(Dataset entries)
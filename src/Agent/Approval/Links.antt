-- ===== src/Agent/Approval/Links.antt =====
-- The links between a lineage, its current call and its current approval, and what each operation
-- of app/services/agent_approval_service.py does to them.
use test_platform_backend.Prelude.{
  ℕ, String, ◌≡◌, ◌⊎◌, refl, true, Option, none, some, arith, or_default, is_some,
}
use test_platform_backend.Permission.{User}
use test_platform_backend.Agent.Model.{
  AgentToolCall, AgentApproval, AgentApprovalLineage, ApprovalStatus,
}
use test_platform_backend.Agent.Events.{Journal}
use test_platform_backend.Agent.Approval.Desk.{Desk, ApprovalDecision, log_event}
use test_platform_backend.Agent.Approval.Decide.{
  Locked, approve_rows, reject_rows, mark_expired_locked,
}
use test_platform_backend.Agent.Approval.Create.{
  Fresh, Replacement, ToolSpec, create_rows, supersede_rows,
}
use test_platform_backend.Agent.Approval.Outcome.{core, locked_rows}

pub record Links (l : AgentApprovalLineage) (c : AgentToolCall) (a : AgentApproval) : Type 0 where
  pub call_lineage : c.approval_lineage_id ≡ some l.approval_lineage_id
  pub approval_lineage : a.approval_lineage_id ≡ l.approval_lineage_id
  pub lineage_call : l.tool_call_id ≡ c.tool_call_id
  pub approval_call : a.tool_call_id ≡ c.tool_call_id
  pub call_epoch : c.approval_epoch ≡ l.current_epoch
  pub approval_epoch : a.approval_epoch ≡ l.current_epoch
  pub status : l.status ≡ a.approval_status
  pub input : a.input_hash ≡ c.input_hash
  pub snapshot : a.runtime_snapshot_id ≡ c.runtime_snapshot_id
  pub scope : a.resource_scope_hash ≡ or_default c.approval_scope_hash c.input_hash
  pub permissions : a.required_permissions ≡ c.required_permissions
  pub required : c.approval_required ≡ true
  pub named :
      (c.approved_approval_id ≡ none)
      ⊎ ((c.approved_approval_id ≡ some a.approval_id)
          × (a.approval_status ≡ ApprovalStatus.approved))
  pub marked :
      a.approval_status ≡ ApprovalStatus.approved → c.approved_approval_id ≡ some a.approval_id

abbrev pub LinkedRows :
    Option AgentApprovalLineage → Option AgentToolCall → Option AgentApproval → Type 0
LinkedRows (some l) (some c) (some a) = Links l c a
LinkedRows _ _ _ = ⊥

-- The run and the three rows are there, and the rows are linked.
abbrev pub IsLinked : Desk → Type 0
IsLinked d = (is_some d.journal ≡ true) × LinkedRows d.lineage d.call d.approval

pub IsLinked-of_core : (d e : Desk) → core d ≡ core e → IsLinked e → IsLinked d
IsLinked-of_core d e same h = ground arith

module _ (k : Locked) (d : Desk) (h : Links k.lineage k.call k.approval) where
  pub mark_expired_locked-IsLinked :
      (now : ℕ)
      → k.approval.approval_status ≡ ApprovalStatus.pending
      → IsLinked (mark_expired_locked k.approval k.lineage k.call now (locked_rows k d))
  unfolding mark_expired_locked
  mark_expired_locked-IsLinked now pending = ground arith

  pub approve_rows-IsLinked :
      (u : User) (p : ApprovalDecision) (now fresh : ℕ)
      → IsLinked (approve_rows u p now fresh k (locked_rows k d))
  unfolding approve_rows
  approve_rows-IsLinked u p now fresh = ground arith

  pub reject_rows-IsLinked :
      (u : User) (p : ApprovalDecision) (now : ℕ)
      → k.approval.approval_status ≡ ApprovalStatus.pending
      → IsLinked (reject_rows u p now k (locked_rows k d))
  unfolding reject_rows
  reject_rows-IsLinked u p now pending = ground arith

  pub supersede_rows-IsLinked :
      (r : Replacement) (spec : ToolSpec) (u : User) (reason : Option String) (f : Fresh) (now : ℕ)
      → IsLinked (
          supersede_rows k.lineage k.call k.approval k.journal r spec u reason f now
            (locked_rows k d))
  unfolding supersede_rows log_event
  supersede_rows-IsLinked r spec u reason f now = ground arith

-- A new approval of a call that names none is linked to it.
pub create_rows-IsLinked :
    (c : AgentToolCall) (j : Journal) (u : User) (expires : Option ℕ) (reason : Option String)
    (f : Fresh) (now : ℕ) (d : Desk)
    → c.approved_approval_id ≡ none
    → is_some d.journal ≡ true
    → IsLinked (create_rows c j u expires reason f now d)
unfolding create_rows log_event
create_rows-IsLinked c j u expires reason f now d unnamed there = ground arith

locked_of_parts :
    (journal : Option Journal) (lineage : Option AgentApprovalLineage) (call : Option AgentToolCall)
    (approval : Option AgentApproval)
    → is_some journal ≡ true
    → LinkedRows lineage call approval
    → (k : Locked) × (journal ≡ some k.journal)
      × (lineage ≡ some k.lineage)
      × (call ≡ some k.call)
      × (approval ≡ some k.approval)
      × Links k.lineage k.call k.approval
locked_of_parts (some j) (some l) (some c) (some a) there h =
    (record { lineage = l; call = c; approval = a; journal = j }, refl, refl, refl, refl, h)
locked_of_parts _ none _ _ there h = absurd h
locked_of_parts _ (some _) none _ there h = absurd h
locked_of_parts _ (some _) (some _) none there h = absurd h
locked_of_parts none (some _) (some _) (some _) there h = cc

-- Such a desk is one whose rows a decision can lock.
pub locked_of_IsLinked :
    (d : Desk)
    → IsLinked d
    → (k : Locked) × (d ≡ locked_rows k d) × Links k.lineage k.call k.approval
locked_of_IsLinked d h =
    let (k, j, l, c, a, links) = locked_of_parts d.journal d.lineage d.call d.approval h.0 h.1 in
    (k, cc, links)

§ Work order
Work out the count of lines in the data above containing the string "Replacement". Give it alone.

§ Problem solution
2